START Provided material

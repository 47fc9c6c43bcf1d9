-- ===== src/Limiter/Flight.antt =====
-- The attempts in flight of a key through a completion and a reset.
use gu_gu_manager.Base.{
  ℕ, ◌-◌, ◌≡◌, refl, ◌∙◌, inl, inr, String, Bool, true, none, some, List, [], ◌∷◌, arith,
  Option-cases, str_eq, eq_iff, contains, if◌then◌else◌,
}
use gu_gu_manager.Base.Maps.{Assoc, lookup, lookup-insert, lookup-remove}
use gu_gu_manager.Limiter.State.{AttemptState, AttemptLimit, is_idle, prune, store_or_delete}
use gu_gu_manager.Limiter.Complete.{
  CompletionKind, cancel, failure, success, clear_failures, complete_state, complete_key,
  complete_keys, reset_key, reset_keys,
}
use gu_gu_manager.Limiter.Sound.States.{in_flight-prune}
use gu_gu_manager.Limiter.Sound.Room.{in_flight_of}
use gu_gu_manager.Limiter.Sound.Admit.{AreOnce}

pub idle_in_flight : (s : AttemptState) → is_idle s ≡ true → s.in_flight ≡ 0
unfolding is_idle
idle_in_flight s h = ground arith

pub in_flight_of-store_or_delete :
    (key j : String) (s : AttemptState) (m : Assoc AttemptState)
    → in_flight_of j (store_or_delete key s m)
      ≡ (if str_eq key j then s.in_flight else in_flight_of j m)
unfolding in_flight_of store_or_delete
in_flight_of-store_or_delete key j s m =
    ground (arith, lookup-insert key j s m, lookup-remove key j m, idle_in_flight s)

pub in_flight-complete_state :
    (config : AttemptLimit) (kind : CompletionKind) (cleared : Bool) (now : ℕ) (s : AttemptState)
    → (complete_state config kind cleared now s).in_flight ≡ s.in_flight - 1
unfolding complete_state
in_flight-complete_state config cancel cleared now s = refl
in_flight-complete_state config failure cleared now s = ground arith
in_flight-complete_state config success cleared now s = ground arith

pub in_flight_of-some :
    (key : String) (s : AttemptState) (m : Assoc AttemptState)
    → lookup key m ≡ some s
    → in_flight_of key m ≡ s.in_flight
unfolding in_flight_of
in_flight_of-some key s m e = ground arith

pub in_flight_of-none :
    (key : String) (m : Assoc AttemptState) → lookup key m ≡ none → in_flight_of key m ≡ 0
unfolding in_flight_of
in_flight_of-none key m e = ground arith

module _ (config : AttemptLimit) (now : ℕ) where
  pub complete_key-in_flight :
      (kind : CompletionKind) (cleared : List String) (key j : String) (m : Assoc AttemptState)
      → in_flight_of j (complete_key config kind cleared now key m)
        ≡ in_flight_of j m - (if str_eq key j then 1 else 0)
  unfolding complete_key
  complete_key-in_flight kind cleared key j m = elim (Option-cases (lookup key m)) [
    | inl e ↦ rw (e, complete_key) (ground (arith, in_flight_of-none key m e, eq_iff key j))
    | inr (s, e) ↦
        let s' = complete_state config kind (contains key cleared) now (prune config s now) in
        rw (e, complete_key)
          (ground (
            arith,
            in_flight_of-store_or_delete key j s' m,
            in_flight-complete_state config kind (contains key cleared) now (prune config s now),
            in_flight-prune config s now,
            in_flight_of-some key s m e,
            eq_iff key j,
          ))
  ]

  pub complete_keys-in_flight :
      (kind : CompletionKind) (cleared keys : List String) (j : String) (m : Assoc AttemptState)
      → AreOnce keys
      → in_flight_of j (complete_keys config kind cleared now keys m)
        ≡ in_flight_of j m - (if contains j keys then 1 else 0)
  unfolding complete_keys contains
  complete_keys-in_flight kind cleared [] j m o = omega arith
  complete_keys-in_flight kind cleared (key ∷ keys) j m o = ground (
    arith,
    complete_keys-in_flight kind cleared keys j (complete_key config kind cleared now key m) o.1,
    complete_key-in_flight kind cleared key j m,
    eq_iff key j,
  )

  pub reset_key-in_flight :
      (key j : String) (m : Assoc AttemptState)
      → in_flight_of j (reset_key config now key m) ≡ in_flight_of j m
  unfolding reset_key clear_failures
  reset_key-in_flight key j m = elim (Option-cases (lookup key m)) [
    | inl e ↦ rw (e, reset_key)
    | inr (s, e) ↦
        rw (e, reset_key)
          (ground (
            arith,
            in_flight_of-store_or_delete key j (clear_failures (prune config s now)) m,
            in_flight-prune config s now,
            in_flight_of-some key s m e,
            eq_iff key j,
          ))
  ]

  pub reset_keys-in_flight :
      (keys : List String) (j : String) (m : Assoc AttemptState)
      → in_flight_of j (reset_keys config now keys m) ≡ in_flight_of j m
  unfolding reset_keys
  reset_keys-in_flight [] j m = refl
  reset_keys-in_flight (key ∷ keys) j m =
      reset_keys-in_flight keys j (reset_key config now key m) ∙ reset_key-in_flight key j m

END Provided material
START Provided material

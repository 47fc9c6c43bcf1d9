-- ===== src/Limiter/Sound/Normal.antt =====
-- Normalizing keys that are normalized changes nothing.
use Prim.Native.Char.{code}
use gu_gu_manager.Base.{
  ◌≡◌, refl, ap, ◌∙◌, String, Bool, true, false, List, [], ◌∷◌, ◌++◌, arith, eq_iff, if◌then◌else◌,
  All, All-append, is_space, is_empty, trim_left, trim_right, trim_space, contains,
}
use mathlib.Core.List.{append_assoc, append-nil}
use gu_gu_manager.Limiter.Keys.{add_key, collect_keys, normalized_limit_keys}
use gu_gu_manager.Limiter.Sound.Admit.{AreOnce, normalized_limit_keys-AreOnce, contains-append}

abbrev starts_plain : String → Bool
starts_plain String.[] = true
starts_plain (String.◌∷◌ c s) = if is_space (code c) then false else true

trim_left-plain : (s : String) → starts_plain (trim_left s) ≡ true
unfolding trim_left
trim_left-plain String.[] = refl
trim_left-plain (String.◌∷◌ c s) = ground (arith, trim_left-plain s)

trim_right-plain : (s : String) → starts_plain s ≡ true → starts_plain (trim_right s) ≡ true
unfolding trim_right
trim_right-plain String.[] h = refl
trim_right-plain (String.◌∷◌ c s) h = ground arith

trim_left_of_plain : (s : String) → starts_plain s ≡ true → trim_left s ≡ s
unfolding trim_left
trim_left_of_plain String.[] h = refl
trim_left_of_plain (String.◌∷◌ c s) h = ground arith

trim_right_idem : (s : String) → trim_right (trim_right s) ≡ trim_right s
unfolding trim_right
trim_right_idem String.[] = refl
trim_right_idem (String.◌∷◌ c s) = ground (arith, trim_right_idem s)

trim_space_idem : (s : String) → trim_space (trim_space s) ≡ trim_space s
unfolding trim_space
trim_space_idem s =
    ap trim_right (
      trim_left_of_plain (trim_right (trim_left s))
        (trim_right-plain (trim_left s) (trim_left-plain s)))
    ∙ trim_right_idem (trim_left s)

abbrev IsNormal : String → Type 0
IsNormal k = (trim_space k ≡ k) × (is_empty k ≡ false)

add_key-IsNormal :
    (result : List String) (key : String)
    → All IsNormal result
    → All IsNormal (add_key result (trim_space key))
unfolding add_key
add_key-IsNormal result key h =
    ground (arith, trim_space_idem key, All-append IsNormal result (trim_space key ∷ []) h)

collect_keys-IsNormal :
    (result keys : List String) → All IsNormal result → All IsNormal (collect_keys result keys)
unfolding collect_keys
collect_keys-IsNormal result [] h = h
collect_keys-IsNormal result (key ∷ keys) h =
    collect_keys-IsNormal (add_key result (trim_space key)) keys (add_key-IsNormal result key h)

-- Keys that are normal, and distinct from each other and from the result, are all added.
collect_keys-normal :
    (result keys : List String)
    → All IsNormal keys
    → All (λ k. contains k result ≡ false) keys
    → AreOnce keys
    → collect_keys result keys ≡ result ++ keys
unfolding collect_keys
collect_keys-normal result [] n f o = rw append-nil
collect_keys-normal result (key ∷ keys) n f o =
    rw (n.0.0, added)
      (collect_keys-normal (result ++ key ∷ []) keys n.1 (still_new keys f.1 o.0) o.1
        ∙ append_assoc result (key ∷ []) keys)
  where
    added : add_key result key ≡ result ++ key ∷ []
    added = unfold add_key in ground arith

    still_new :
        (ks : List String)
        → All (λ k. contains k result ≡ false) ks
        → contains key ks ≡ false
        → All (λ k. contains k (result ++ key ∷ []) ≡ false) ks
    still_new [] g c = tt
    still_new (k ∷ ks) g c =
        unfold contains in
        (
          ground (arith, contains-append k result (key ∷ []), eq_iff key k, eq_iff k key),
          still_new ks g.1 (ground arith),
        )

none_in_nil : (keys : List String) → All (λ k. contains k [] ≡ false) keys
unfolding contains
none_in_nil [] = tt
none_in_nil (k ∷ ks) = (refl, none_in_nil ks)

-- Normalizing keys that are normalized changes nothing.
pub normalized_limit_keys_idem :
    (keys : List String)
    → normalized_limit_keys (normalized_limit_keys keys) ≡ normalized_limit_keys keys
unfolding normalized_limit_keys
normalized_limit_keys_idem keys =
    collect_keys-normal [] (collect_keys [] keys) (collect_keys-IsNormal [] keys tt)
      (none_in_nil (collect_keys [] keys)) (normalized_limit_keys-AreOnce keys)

END Provided material
START Provided material

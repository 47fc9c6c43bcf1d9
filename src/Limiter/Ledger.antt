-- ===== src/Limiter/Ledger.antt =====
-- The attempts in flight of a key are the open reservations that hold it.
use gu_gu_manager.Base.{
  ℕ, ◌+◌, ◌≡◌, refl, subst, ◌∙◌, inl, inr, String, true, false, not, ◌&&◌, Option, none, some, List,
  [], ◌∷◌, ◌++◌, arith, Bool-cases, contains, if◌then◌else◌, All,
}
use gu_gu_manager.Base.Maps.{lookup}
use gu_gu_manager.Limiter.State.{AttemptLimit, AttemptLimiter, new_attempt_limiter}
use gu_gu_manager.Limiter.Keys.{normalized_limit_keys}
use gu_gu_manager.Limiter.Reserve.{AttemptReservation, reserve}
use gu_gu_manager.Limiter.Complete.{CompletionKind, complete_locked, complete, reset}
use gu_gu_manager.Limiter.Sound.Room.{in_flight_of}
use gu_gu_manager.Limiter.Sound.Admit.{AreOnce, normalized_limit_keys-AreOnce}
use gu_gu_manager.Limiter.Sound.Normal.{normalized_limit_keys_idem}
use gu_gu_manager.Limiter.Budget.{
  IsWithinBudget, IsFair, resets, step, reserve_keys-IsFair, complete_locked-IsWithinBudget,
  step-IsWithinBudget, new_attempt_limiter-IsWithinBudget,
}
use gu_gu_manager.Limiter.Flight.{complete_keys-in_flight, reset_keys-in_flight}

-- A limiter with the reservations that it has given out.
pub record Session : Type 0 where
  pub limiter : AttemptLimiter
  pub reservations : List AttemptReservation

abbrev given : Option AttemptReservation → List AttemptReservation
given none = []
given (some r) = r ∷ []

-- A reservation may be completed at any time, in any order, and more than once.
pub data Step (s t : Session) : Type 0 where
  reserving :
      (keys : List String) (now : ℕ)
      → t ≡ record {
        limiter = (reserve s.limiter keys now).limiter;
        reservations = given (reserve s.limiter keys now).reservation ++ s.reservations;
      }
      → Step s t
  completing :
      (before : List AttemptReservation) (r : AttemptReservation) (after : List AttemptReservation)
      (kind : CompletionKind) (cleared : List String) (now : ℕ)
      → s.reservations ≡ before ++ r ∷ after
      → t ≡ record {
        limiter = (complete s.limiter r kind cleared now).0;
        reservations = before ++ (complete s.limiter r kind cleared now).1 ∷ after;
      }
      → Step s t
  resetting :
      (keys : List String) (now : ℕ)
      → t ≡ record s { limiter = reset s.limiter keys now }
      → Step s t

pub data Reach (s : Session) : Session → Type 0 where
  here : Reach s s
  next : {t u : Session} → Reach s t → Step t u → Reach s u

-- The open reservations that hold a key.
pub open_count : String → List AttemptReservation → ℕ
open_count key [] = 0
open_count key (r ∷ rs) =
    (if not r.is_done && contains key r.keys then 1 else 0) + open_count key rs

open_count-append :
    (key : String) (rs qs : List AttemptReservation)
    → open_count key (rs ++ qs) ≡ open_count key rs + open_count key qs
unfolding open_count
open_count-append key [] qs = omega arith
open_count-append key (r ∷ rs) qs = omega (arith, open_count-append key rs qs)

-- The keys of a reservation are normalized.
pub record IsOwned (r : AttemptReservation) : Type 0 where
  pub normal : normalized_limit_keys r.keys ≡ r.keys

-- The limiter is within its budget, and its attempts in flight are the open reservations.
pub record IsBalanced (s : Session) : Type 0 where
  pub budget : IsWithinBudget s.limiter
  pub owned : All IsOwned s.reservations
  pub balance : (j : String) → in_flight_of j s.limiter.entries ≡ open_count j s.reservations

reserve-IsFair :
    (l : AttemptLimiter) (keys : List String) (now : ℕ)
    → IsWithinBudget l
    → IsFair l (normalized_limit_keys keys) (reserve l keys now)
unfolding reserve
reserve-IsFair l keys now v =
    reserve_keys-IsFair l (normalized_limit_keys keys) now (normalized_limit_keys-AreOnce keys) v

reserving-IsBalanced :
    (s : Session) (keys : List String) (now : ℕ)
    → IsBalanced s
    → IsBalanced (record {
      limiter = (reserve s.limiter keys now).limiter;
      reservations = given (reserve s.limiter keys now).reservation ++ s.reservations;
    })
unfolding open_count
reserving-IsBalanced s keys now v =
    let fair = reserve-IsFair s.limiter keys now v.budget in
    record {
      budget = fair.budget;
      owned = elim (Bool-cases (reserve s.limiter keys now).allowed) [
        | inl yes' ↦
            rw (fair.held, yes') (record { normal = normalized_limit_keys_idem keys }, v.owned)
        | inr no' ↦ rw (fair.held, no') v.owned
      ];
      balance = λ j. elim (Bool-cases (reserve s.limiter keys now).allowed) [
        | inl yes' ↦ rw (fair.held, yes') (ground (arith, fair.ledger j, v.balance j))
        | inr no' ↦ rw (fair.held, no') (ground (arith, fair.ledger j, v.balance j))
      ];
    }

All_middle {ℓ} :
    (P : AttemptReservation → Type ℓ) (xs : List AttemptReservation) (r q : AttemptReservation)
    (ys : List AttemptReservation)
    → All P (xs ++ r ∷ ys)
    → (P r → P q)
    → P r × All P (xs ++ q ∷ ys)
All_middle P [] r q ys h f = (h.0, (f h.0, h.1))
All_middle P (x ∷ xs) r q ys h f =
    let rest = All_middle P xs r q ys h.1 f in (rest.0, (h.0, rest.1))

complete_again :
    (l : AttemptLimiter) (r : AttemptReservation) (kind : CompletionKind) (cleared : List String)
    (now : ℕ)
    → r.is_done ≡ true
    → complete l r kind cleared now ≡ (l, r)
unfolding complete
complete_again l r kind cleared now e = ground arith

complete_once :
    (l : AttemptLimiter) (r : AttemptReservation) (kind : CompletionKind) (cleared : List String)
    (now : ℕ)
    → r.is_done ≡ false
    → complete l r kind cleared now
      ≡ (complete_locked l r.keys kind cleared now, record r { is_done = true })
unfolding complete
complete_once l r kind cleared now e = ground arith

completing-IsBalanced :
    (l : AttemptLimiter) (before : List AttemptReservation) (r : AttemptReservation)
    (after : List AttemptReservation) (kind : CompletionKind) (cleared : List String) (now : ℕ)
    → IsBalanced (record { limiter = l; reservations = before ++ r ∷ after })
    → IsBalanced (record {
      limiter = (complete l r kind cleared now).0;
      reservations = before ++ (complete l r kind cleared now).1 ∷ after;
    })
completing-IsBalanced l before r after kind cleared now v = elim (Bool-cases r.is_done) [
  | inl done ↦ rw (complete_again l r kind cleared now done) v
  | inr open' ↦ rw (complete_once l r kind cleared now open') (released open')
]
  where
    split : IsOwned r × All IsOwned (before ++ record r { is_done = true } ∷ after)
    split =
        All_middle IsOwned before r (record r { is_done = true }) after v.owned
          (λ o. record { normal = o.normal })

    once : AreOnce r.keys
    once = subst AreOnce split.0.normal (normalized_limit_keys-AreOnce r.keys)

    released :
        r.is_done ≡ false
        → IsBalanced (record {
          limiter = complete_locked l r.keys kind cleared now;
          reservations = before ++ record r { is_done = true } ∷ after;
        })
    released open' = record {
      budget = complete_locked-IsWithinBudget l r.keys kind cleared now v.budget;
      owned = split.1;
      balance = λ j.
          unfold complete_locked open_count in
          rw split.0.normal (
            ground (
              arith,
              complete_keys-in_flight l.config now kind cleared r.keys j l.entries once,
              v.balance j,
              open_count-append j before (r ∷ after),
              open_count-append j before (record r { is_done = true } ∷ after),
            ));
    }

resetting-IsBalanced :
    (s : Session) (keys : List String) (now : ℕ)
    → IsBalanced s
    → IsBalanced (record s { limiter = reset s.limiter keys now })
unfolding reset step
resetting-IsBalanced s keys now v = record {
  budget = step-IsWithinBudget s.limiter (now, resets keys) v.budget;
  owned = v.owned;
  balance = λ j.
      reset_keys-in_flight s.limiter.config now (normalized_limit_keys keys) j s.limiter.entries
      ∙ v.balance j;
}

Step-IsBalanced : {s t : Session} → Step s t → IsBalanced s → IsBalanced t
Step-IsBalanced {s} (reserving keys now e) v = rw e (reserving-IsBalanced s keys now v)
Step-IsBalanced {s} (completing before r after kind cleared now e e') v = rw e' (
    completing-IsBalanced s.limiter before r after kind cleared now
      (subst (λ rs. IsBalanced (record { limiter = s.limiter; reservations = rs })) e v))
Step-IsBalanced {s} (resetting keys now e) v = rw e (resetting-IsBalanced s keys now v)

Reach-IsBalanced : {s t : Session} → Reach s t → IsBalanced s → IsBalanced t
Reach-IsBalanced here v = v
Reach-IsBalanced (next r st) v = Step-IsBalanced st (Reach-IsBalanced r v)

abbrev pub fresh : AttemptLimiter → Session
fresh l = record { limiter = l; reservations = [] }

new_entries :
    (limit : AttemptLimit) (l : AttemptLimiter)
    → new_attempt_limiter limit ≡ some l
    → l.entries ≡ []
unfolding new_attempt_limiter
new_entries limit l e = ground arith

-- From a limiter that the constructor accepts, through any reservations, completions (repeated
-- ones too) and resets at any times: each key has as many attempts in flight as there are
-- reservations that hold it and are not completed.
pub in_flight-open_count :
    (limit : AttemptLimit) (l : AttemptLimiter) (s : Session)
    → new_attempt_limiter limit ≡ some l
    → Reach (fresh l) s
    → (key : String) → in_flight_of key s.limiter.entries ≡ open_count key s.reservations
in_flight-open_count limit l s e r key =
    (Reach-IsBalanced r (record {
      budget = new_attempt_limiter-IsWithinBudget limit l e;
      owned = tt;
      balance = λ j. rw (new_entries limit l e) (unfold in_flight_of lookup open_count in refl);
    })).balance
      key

END Provided material

> **Directions for this task**
Go through the records. Copy each line where "omega" appears.

> **Task answer**
  complete_keys-in_flight kind cleared [] j m o = omega arith
open_count-append key [] qs = omega arith
open_count-append key (r ∷ rs) qs = omega (arith, open_count-append key rs qs)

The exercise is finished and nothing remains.